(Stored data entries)
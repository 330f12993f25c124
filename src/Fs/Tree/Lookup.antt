-- ===== src/Fs/Tree/Lookup.antt =====
-- Which node `vfs_lookup` finds.
use chef_os.Prelude.{
  ℕ, zero, suc, ◌≤◌, ◌<◌, ◌≡◌, ◌≢◌, refl, ◌==◌, false, List, [], ◌∷◌, ◌++◌, Option, none, some,
  length, length-append, arith, ap, ◌∙◌,
}
use chef_os.Text.Strings.{strcmp}
use chef_os.Fs.Tree.{Store, is_zero, enter, split_component, skip_slash, lookup_loop, vfs_lookup}

-- No NUL and no slash.
abbrev pub IsPlain : List ℕ → Type 0
IsPlain [] = Unit
IsPlain (c ∷ cs) = (c ≢ 0) × (c ≢ 47) × IsPlain cs

-- A name that stands between slashes: not empty and shorter than 127 bytes.
pub record IsComponent (c : List ℕ) : Type 0 where
  pub filled : 0 < length c
  pub short : length c < 127
  pub plain : IsPlain c

abbrev pub AllComponents : List (List ℕ) → Type 0
AllComponents [] = Unit
AllComponents (c ∷ cs) = IsComponent c × AllComponents cs

-- `/a/b/c` for the names a, b and c.
unfoldable pub path_of : List (List ℕ) → List ℕ
path_of [] = []
path_of (c ∷ cs) = 47 ∷ (c ++ path_of cs)

-- The node at the end of the names, each of them found in the directory before it.
unfoldable pub resolve : Store → ℕ → List (List ℕ) → Option ℕ
resolve s curr [] = some curr
resolve s curr (c ∷ cs) = elim (enter s curr c) [ none ↦ none | some child ↦ resolve s child cs ]

split_component-append :
    (left : ℕ) (c : List ℕ) (cs : List (List ℕ))
    → length c < left
    → IsPlain c
    → split_component left (c ++ path_of cs) ≡ (c, path_of cs)
unfolding split_component path_of
split_component-append zero c cs lt h = absurd (omega arith)
split_component-append (suc left) [] [] lt h = refl
split_component-append (suc left) [] (d ∷ cs) lt h = refl
split_component-append (suc left) (x ∷ c) cs lt h =
    let other : (x == 47) ≡ false = ground (arith, h.1) in
    rw (other, split_component-append left c cs (omega arith) h.2) refl

skip_slash-plain : (c rest : List ℕ) → IsPlain c → 0 < length c → skip_slash (c ++ rest) ≡ c ++ rest
skip_slash-plain [] rest h lt = absurd (omega arith)
skip_slash-plain (x ∷ c) rest h lt = ground (arith, h.1)

-- The names left, without the slash that the loop has skipped.
unfoldable pub rest_of : List (List ℕ) → List ℕ
rest_of [] = []
rest_of (c ∷ cs) = c ++ path_of cs

skip_slash-path_of : (cs : List (List ℕ)) → skip_slash (path_of cs) ≡ rest_of cs
unfolding path_of rest_of
skip_slash-path_of [] = refl
skip_slash-path_of (c ∷ cs) = refl

length-rest_of : (cs : List (List ℕ)) → length (rest_of cs) ≤ length (path_of cs)
unfolding path_of rest_of
length-rest_of [] = omega arith
length-rest_of (c ∷ cs) = omega arith

-- One round of the loop, after the path is cut.
advance : ℕ → Store → ℕ → List ℕ × List ℕ → Option (Option ℕ)
advance fuel s curr part = elim (enter s curr part.0) [
  | none ↦ some none
  | some child ↦ lookup_loop fuel s child (skip_slash part.1)
]

lookup_loop-advance :
    (fuel : ℕ) (s : Store) (curr x : ℕ) (path : List ℕ) {part : List ℕ × List ℕ}
    → split_component 127 (x ∷ path) ≡ part
    → lookup_loop (suc fuel) s curr (x ∷ path) ≡ advance fuel s curr part
unfolding lookup_loop advance
lookup_loop-advance fuel s curr x path e = ap (advance fuel s curr) e

lookup_loop-resolve :
    (fuel : ℕ) (s : Store) (curr : ℕ) (cs : List (List ℕ))
    → AllComponents cs
    → length (rest_of cs) ≤ fuel
    → lookup_loop fuel s curr (rest_of cs) ≡ some (resolve s curr cs)
unfolding rest_of advance resolve
lookup_loop-resolve fuel s curr [] h enough = unfold lookup_loop in unfold resolve in refl
lookup_loop-resolve fuel s curr ([] ∷ cs) h enough = absurd (omega (arith, h.0.filled))
lookup_loop-resolve zero s curr ((x ∷ c) ∷ cs) h enough = absurd (omega arith)
lookup_loop-resolve (suc fuel) s curr ((x ∷ c) ∷ cs) h enough =
    lookup_loop-advance fuel s curr x (c ++ path_of cs)
      (split_component-append 127 (x ∷ c) cs h.0.short h.0.plain)
    ∙ found (enter s curr (x ∷ c)) (λ d. lookup_loop-resolve fuel s d cs h.1 room)
  where
    room : length (rest_of cs) ≤ fuel
    room = omega (arith, length-append c (path_of cs), length-rest_of cs)

    found :
        (child : Option ℕ)
        → ((d : ℕ) → lookup_loop fuel s d (rest_of cs) ≡ some (resolve s d cs))
        → elim child [ none ↦ some none | some d ↦ lookup_loop fuel s d (skip_slash (path_of cs)) ]
          ≡ some (elim child [ none ↦ none | some d ↦ resolve s d cs ])
    found none below = refl
    found (some d) below = rw (skip_slash-path_of cs) (below d)

-- The path `/a/b/c` of names that are not empty, have no NUL or slash and are shorter than 127 bytes leads
-- to the node that `finddir` finds for a in the root, then for b and then for c, or to none if one
-- of them is not found. The loop ends on each such path.
pub vfs_lookup-resolve :
    (s : Store) (root : ℕ) (c : List ℕ) (cs : List (List ℕ))
    → AllComponents (c ∷ cs)
    → vfs_lookup s (some root) (path_of (c ∷ cs)) ≡ some (resolve s root (c ∷ cs))
unfolding vfs_lookup
vfs_lookup-resolve s root [] cs h = absurd (omega (arith, h.0.filled))
vfs_lookup-resolve s root (x ∷ c) cs h =
    rw (not_root, skip_slash-path_of ((x ∷ c) ∷ cs))
      (lookup_loop-resolve (length (path_of ((x ∷ c) ∷ cs))) s root ((x ∷ c) ∷ cs) h
        (length-rest_of ((x ∷ c) ∷ cs)))
  where
    not_root : is_zero (strcmp (path_of ((x ∷ c) ∷ cs)) (47 ∷ [])) ≡ false
    not_root = unfold strcmp in unfold path_of in ground (arith, h.0.plain.0)
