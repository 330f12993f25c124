-- ===== src/Fs/Tree/Create.antt =====
-- What a created file or directory adds to the tree.
use chef_os.Prelude.{
  ℕ, zero, suc, ◌+◌, ◌≤◌, ◌<◌, ◌≡◌, ◌≢◌, refl, ltb, leb, if◌then◌else◌, true, false, List, [], ◌∷◌,
  ◌++◌, Option, none, some, length, arith, ap, ◌∙◌, sym, take, u64, get_or, ◌^◌, ◌-◌, Bool-cases,
  inl, inr,
}
use chef_os.Text.Signed.{ℤ, pos, negsuc}
use chef_os.Text.Strings.{strcmp}
use chef_os.Text.Strings.Order.{IsText, strcmp_iff}
use chef_os.Fs.File.{ramfs_read}
use chef_os.Fs.File.ReadWrite.{slice_lem}
use chef_os.Fs.Tree.{
  contents, Store, Node, is_zero, find_child, ramfs_finddir, add_child, takes_child, file_node,
  ramfs_create_file,
}

is_zero_iff : (z : ℤ) → is_zero z ≡ true → z ≡ pos 0
is_zero_iff (pos zero) e = refl
is_zero_iff (pos (suc n)) e = ground arith
is_zero_iff (negsuc n) e = ground arith

abbrev pub AllBelow : ℕ → List ℕ → Type 0
AllBelow bound [] = Unit
AllBelow bound (c ∷ cs) = (c < bound) × AllBelow bound cs

-- The result of a search once `d`, whose name is `own`, is added at the end.
abbrev pub or_added : Option ℕ → (d : ℕ) → (own name : List ℕ) → Option ℕ
or_added (some c) d own name = some c
or_added none d own name = if is_zero (strcmp own name) then some d else none

-- A child added at the end is found if its name is the one that is looked for and no other is.
find_child-append :
    (node : ℕ → Node) (cs : List ℕ) (d : ℕ) (name : List ℕ)
    → find_child node (cs ++ (d ∷ [])) name
      ≡ or_added (find_child node cs name) d (node d).name name
unfolding find_child
find_child-append node [] d name = refl
find_child-append node (c ∷ cs) d name = ground (arith, find_child-append node cs d name)

-- The search reads no more of a node than its name.
find_child-same :
    (f g : ℕ → Node) (bound : ℕ) (cs : List ℕ) (name : List ℕ)
    → ((c : ℕ) → c < bound → (f c).name ≡ (g c).name)
    → AllBelow bound cs
    → find_child f cs name ≡ find_child g cs name
unfolding find_child
find_child-same f g bound [] name h below = refl
find_child-same f g bound (c ∷ cs) name h below =
    rw (h c below.0, find_child-same f g bound cs name h below.1) refl

-- The next node is neither the parent nor one of its children.
pub record IsFresh (s : Store) (p : ℕ) : Type 0 where
  pub parent_below : p < s.next
  pub children_below : AllBelow s.next (s.node p).children

module _ (s : Store) (p : ℕ) (n : Node) where
  add_child-name : (c : ℕ) → c < s.next → ((add_child s p n).node c).name ≡ (s.node c).name
  unfolding add_child
  add_child-name c lt = ground arith

  add_child-new : p < s.next → (add_child s p n).node s.next ≡ n
  unfolding add_child
  add_child-new lt = ground arith

  add_child-children : ((add_child s p n).node p).children ≡ (s.node p).children ++ (s.next ∷ [])
  unfolding add_child
  add_child-children = ground arith

  -- What a search in the parent finds after the node is added.
  ramfs_finddir-add_child :
      (name : List ℕ)
      → IsFresh s p
      → ramfs_finddir (add_child s p n) p name
        ≡ or_added (ramfs_finddir s p name) s.next n.name name
  unfolding ramfs_finddir
  ramfs_finddir-add_child name v =
      rw
        (
          add_child-children,
          find_child-append (add_child s p n).node (s.node p).children s.next name,
          add_child-new v.parent_below,
          find_child-same (add_child s p n).node s.node s.next (s.node p).children name
              add_child-name v.children_below,
        )
        refl

-- What `ramfs_create_file` leaves: the new node is the result and is found under its name, a read of
-- it returns the content, and every other name leads where it led before.
pub record Created (s : Store) (p : ℕ) (name bytes : List ℕ) (r : Option ℕ × Store) : Type 0 where
  pub result : r.0 ≡ some s.next
  pub found : ramfs_finddir r.1 p name ≡ some s.next
  pub content : ramfs_read (r.1.node s.next).file 0 (length bytes) ≡ bytes
  pub others :
      (look : List ℕ)
      → IsText look
      → look ≢ name
      → ramfs_finddir r.1 p look ≡ ramfs_finddir s p look

take-all : (n : ℕ) (xs : List ℕ) → length xs ≤ n → take n xs ≡ xs
take-all zero [] le = refl
take-all (suc n) [] le = refl
take-all zero (x ∷ xs) le = absurd (omega arith)
take-all (suc n) (x ∷ xs) le = ap (λ t. x ∷ t) (take-all n xs (omega arith))

strcmp_same : (name : List ℕ) → IsText name → is_zero (strcmp name name) ≡ true
strcmp_same name h = ap is_zero ((strcmp_iff name name h h).1 refl)

strcmp_other : (a b : List ℕ) → IsText a → IsText b → b ≢ a → is_zero (strcmp a b) ≡ false
strcmp_other a b ha hb ne = elim (Bool-cases (is_zero (strcmp a b))) [
  | inl e ↦ absurd (ne (sym ((strcmp_iff a b ha hb).0 (is_zero_iff _ e))))
  | inr e ↦ e
]

or_added_other :
    (old : Option ℕ) (d : ℕ) (own name : List ℕ)
    → is_zero (strcmp own name) ≡ false
    → or_added old d own name ≡ old
or_added_other none d own name e = rw e refl
or_added_other (some c) d own name e = refl

contents_read :
    (bytes : List ℕ) → length bytes < 2 ^ 64 → ramfs_read (contents bytes) 0 (length bytes) ≡ bytes
unfolding ramfs_read
contents_read [] lt = refl
contents_read (x ∷ xs) lt =
    let whole : (if ltb (suc (length xs)) (u64 (0 + suc (length xs)))
          then suc (length xs) - 0
          else suc (length xs))
        ≡ length (x ∷ xs) =
      ground arith in
    let filled : leb (suc (length xs)) 0 ≡ false = ground arith in
    rw (whole, filled)
      (slice_lem (λ i. get_or (x ∷ xs) i 0) 0 (x ∷ xs)
        (λ i p. ap (λ k. get_or (x ∷ xs) k 0) (omega arith)))

-- In a directory with fewer than 32 children, a new file with a name of at most 127 bytes that no
-- child has is the result of `ramfs_create_file`. It is found under its name from then on, a read of
-- the whole file returns its content, and no search for another name changes.
pub ramfs_create_file-Created :
    (s : Store) (p : ℕ) (name bytes : List ℕ)
    → IsFresh s p
    → takes_child s p ≡ true
    → IsText name
    → length name ≤ 127
    → length bytes < 2 ^ 64
    → ramfs_finddir s p name ≡ none
    → Created s p name bytes (ramfs_create_file s (some p) name bytes)
unfolding ramfs_create_file
ramfs_create_file-Created s p name bytes v takes text short fits new =
    let n = file_node name bytes in
    let own : n.name ≡ name = take-all 127 name short in
    let search = λ (look : List ℕ). ramfs_finddir-add_child s p n look v in
    rw takes (record {
      result = refl;
      found = search name ∙ rw (new, own, strcmp_same name text) refl;
      content =
          ap (λ m. ramfs_read m.file 0 (length bytes)) (add_child-new s p n v.parent_below)
          ∙ contents_read bytes fits;
      others = λ look h ne.
          search look
          ∙ rw own (
              or_added_other (ramfs_finddir s p look) s.next name look
                (strcmp_other name look text h ne));
    })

[Task to carry out] In the entries above, please find the line with "module _ (s : Store) (p : ℕ) (n : Node) where" and the line with "add_child-new lt = ground arith", then write out exactly those two lines and every line between them, and nothing more.

[The completed task]
module _ (s : Store) (p : ℕ) (n : Node) where
  add_child-name : (c : ℕ) → c < s.next → ((add_child s p n).node c).name ≡ (s.node c).name
  unfolding add_child
  add_child-name c lt = ground arith

  add_child-new : p < s.next → (add_child s p n).node s.next ≡ n
  unfolding add_child
  add_child-new lt = ground arith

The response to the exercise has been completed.